Looking at the stuck check it will be bogus in simulations.

True.

You might as well ifdef that instead.

If a simulation is running insert the entropy regardless and do not compute the derivatives used in the check.

Actually you mostly don't want anything inserted in that case, so it's
not bad to skip it.

I was mostly thinking this might be better than adding a completely
unrelated ifdef. Also I guess in real systems with a bad implementation
of random_get_entropy(), the second/third derivates might be
constant/zero for quite a while, so may be better to abort?
Maybe dump question: could we simply implement a timex.h for UM which delegates in non-timetravel mode to the x86 variant

Sounds reasonable.

and otherwise pull some randomness from the host or from a file/pipe configurable from the UML commandline for random_get_entropy()?

Second one.

We can run haveged in pipe mode and read from the pipe.
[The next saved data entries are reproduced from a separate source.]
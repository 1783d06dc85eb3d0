-- ===== src/Upstream.antt =====
-- The exchange with the upstream proxy over its socket: a computation that reads and writes the
-- socket and may throw. The pieces are those that every `proxy_negotiate` is made of.
pub mod Refines
pub mod Packets
use transproxify.Base.{
  ℕ, String, List, [], ◌∷◌, ◌++◌, Bool, true, false, Option, none, some, length, ◌==◌,
  if◌then◌else◌, Outcome, ok, throw,
}
use transproxify.Wire.{Inbound, Socket, Got, failed, got}
use transproxify.Util.{read_exactly, write_exactly, build_packet}

-- The socket goes on with whatever was read and sent before an exception.
abbrev pub M : Type 0 → Type 0
M Value = Socket → Outcome Value × Socket

abbrev pub pure : {Value : Type 0} → Value → M Value
pure value socket = (ok value, socket)

abbrev pub fail : {Value : Type 0} → String → M Value
fail message socket = (throw message, socket)

-- The rest of a computation after its first part.
abbrev resume :
    {First Last : Type 0} → Outcome First × Socket → (First → M Last) → Outcome Last × Socket
resume (ok value, socket) more = more value socket
resume (throw message, socket) more = (throw message, socket)

infixl 5 ◌>>=◌
abbrev pub ◌>>=◌ : {First Last : Type 0} → M First → (First → M Last) → M Last
◌>>=◌ first more socket = resume (first socket) more

infixl 5 ◌>>◌
abbrev pub ◌>>◌ : {Last : Type 0} → M (Unit {0}) → M Last → M Last
first >> last = first >>= λ _. last

-- `if (!condition) throw std::runtime_error(message);`
abbrev pub require : Bool → String → M (Unit {0})
require true message = pure tt
require false message = fail message

received : Got → ℕ → String → Outcome (List ℕ)
received failed n message = throw message
received (got buffer) n message = if length buffer == n then ok buffer else throw message

-- `if (read_exactly(fd, &buffer, n) != n) throw std::runtime_error(message);`
pub receive : ℕ → String → M (List ℕ)
unfolding received
receive n message s =
    let (r, i) = read_exactly n s.inbound in (received r n message, record s { inbound = i })

-- The chain of `build_packet` calls; `none` if one of them fails.
pub build_packets : ℕ → List ℕ → List (List ℕ) → Option (List ℕ)
build_packets size packet [] = some packet
build_packets size packet (part ∷ parts) = elim (build_packet size packet part) [
  | none ↦ none
  | some packet' ↦ build_packets size packet' parts
]

written : Bool → String → Outcome (Unit {0})
written true message = ok tt
written false message = throw message

-- `if (write_exactly(fd, buffer, count) < 0) throw std::runtime_error(message);`
pub send : List ℕ → String → M (Unit {0})
unfolding written
send buffer message s = let (done, s') = write_exactly buffer s in (written done message, s')

-- `char packet[65536]`
abbrev pub packet_size : ℕ
packet_size = 65536

-- A packet built of parts and then written; one message for every failure.
pub send_packet : List (List ℕ) → String → M (Unit {0})
send_packet parts message s = elim (build_packets packet_size [] parts) [
  | none ↦ (throw message, s)
  | some packet ↦ send packet message s
]
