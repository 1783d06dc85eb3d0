-- ===== src/Socks5.antt =====
-- Socks5Proxy.hpp and Socks5TcpProxy.hpp: greeting, authentication and the request for a tunnel.
-- The resolver is a parameter.
pub mod Greeting
pub mod Reply
pub mod Tunnel
pub mod Connect
pub mod Request
use transproxify.Base.{
  ℕ, ◌%◌, ◌≡◌, String, List, [], ◌∷◌, ◌++◌, Bool, Option, none, some, length, get_or, take,
  is_empty, true, false, ◌==◌, if◌then◌else◌,
}
use transproxify.Address.{
  SockAddr, Hostent, zero_address, af_inet, bytes16, bytes32, word, copy_host,
}
use transproxify.Settings.{ProxySettings}
use transproxify.Upstream.{M, pure, fail, ◌>>=◌, ◌>>◌, require, receive, send_packet}

-- The methods offered: none, and username and password if there is a username.
abbrev pub methods : ProxySettings → List ℕ
methods settings = 0x00 ∷ (if is_empty settings.username then [] else 0x02 ∷ [])

-- The subnegotiation with username and password.
authenticate : ProxySettings → M (Unit {0})
authenticate settings = do
  let username_len = length settings.username % 256
  let password_len = length settings.password % 256
  send_packet
      ((1 ∷ [])
        ∷ (username_len ∷ [])
        ∷ take username_len settings.username
        ∷ (password_len ∷ [])
        ∷ take password_len settings.password
        ∷ [])
      "write to upstream proxy failed during authentication"
  version ← receive 1 "read from upstream proxy failed during authentication"
  require (get_or version 0 0 == 1) "upstream proxy protocol mismatch"
  status ← receive 1 "read from upstream proxy failed during authentication"
  require (get_or status 0 0 == 0) "upstream proxy authentication failure"

-- The switch on the method that the proxy chose.
use_method : ProxySettings → ℕ → M (Unit {0})
use_method settings method =
    if method == 0x00
    then pure tt
    else if method == 0x02
    then (if is_empty settings.username
        then fail
            "upstream proxy selected username and password authentication where no authentication was expected"
        else authenticate settings)
    else if method == 0xff
    then fail "upstream proxy no authentication method"
    else fail "upstream proxy protocol mismatch"

pub socks5_greet_and_authenticate : ProxySettings → M (Unit {0})
socks5_greet_and_authenticate settings = do
  send_packet ((5 ∷ length (methods settings) % 256 ∷ []) ∷ methods settings ∷ [])
      "write to upstream proxy failed during auth negotiation"
  response ← receive 2 "read from upstream proxy failed during auth negotiation"
  require (get_or response 0 0 == 5) "upstream proxy protocol mismatch"
  use_method settings (get_or response 1 0)

-- The switch on the reply's command field.
check_reply : ℕ → M (Unit {0})
check_reply command =
    if command == 0
    then pure tt
    else if command == 1
    then fail "upstream proxy experienced a general SOCKS server failure"
    else if command == 2
    then fail "upstream proxy rejected connection not allowed by ruleset"
    else fail "upstream proxy failed to establish connection to endpoint or rejected connection"

-- The bytes of a buffer up to its first zero byte.
abbrev pub c_string : List ℕ → List ℕ
c_string [] = []
c_string (b ∷ bs) = let rest = c_string bs in if b == 0 then [] else b ∷ rest

-- What becomes of a name that the proxy sent.
abbrev pub found_host : Option Hostent → SockAddr → M SockAddr
found_host none address = fail "cannot resolve address returned by upstream proxy"
found_host (some server) address =
    if server.h_addrtype == af_inet
    then pure (copy_host server address)
    else fail "FIXME: Resolved to IPv6 address. Use getaddrinfo() instead."

module _ (gethostbyname : List ℕ → Option Hostent) where
  read_domain : SockAddr → M SockAddr
  read_domain address = do
    len ← receive 1 "read from upstream proxy failed during main request"
    require (if get_or len 0 0 == 0 then false else true) "upstream proxy sent zero-length domain"
    name ← receive (get_or len 0 0) "read from upstream proxy failed during request"
    found_host (gethostbyname (c_string name)) address

  -- The switch on the address type; 4 is sizeof(response).
  read_address : ℕ → SockAddr → M SockAddr
  read_address address_type address =
      if address_type == 1
      then (do
        address_data ← receive 4 "read from upstream proxy failed during CONNECT"
        pure (record address { s_addr = word address_data }))
      else if address_type == 3
      then read_domain address
      else if address_type == 4
      then (do
        address_data ← receive 16 "read from upstream proxy failed during main request"
        fail "upstream proxy returned IPv6 address (unsupported)")
      else fail "upstream proxy protocol mismatch"

  pub socks5_request_tunnel : SockAddr → ℕ → M SockAddr
  socks5_request_tunnel target_address cmd = do
    send_packet
        ((5 ∷ cmd ∷ 0 ∷ 1 ∷ [])
          ∷ bytes32 target_address.s_addr
          ∷ bytes16 target_address.sin_port
          ∷ [])
        "write to upstream proxy failed during main request"
    response ← receive 4 "read from upstream proxy failed during main request"
    require (get_or response 0 0 == 5) "upstream proxy protocol mismatch"
    check_reply (get_or response 1 0)
    bnd_address ← read_address (get_or response 3 0) (record zero_address { sin_family = af_inet })
    port ← receive 2 "read from upstream proxy failed during main request"
    pure (record bnd_address { sin_port = word port })

  -- `Socks5TcpProxy::proxy_negotiate`; 1 is CONNECT.
  pub proxy_negotiate : ProxySettings → SockAddr → M (Unit {0})
  proxy_negotiate settings target_address = do
    socks5_greet_and_authenticate settings
    bnd_address ← socks5_request_tunnel target_address 1
    pure tt

  -- The same for datagrams, in the constructor of `Socks5UdpProxy`: an association.
  pub associate : ProxySettings → SockAddr → M SockAddr
  associate settings target_address = do
    socks5_greet_and_authenticate settings
    socks5_request_tunnel target_address 3
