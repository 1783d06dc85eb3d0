-- ===== src/Http.antt =====
-- HttpTcpProxy.hpp: the CONNECT request and the reading of its reply. The text of an address is a
-- field of the target, as `Proxy` keeps it.
pub mod Reply
pub mod Granted
pub mod Sent
pub mod Request
use transproxify.Base.{
  ℕ, zero, suc, ◌+◌, ◌-◌, ◌*◌, ◌/◌, ◌%◌, List, [], ◌∷◌, ◌++◌, Bool, true, false, ◌&&◌, Option, none,
  some, length, is_empty, codes, leb, ◌==◌, if◌then◌else◌, throw, ok, Outcome,
}
use transproxify.Wire.{Socket, Got, failed, got, read, pending}
use transproxify.Util.{base64encode}
use transproxify.Settings.{ProxySettings}
use transproxify.Socks5.{c_string}
use transproxify.Upstream.{M, pure, fail, ◌>>=◌, ◌>>◌, send}

-- `do { read one byte } while (c == '\r')`. Each round takes a byte of those to come.
char_loop : ℕ → M ℕ
unfolding read
char_loop zero s = fail "upstream proxy connection lost before tunnelling" s
char_loop (suc fuel) s =
    let (r, i) = read 1 s.inbound in
    let s' : Socket = record s { inbound = i } in
    elim r [
      | failed ↦ (throw "upstream proxy connection lost before tunnelling", s')
      | got [] ↦ (throw "upstream proxy connection lost before tunnelling", s')
      | got (c ∷ _) ↦ let again = char_loop fuel s' in if c == b'\r' then again else (ok c, s')
    ]

next_char : M ℕ
unfolding char_loop
next_char s = char_loop (suc (length (pending s))) s

-- The loop over `line`: the room that is left in it, and the characters so far.
line_loop : ℕ → List ℕ → M (List ℕ)
line_loop zero line = fail "upstream proxy response too large"
line_loop (suc room) line = do
  c ← next_char
  let more = line_loop room (line ++ c ∷ [])
  if c == b'\n' then pure line else more

abbrev pub is_digit : ℕ → Bool
is_digit c = leb b'0' c && leb c b'9'

-- The match of "^HTTP/1.1 ([0-9]{3}) ", whose dot stands for any character, and `std::stoi` of it.
unfoldable pub status_code : List ℕ → Option ℕ
status_code (h ∷ t ∷ t' ∷ p ∷ slash ∷ one ∷ dot ∷ one' ∷ space ∷ x ∷ y ∷ z ∷ space' ∷ rest) =
    if h == b'H'
      && t == b'T'
      && t' == b'T'
      && p == b'P'
      && slash == b'/'
      && one == b'1'
      && one' == b'1'
      && space == b' '
      && is_digit x
      && is_digit y
      && is_digit z
      && space' == b' '
    then some ((x - b'0') * 100 + (y - b'0') * 10 + (z - b'0'))
    else none
status_code _ = none

-- The loop that exhausts the reply. Each round takes a byte of those to come.
drain_loop : ℕ → Bool → M (Unit {0})
drain_loop zero newline = fail "upstream proxy connection lost before tunnelling"
drain_loop (suc fuel) newline = do
  c ← next_char
  let ended = drain_loop fuel true
  let other = drain_loop fuel false
  if c == b'\n' then (if newline then pure tt else ended) else other

drain : M (Unit {0})
drain s = drain_loop (suc (length (pending s))) true s

-- The line has been read; its text ends at the first zero byte.
answered : Option ℕ → M ℕ
answered none = fail "upstream proxy protocol mismatch"
answered (some code) = do drain; pure code

pub get_http_proxy_status : M ℕ
get_http_proxy_status = do line ← line_loop 256 []; answered (status_code (c_string line))

-- `std::to_string` of a port.
unfoldable pub digits_loop : ℕ → ℕ → List ℕ → List ℕ
digits_loop zero n text = text
digits_loop (suc fuel) n text =
    let text' = (n % 10 + b'0') ∷ text in
    let rest = digits_loop fuel (n / 10) text' in if n / 10 == 0 then text' else rest

unfoldable pub to_string : ℕ → List ℕ
unfolding digits_loop
to_string n = digits_loop (suc n) n []

-- The header with the credentials, if there is a username.
abbrev pub authorization : ProxySettings → List ℕ
authorization settings =
    if is_empty settings.username
    then []
    else codes "Proxy-Authorization: Basic "
      ++ base64encode (settings.username ++ (b':' ∷ settings.password))
      ++ (b'\n' ∷ [])

abbrev pub tunnel_request : ProxySettings → List ℕ → ℕ → List ℕ
tunnel_request settings target_host target_port =
    codes "CONNECT "
    ++ target_host
    ++ (b':' ∷ to_string target_port)
    ++ codes " HTTP/1.1\n"
    ++ codes "Host: "
    ++ target_host
    ++ (b':' ∷ to_string target_port)
    ++ codes "\n"
    ++ authorization settings
    ++ codes "\n"

check_status : ℕ → M (Unit {0})
check_status code =
    if code == 200
    then pure tt
    else if code == 407
    then fail "upstream proxy authorization required"
    else fail "upstream proxy failed to establish connection to endpoint or rejected connection"

-- `HttpTcpProxy::proxy_negotiate`
pub proxy_negotiate : ProxySettings → List ℕ → ℕ → M (Unit {0})
proxy_negotiate settings target_host target_port = do
  send (tunnel_request settings target_host target_port)
      "write to upstream proxy failed during CONNECT"
  code ← get_http_proxy_status
  check_status code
Additionally, this will allow deterministic simulation if need be. You can record the haveged output and use it for more than one simulation.


I would say, if the random jitter is truly deterministic for a simulation, that seems to be good enough.

Said that, it would be nice to be able to configure all random sources to pull entropy from some file that we are able to configure from the command line, but that is a different topic.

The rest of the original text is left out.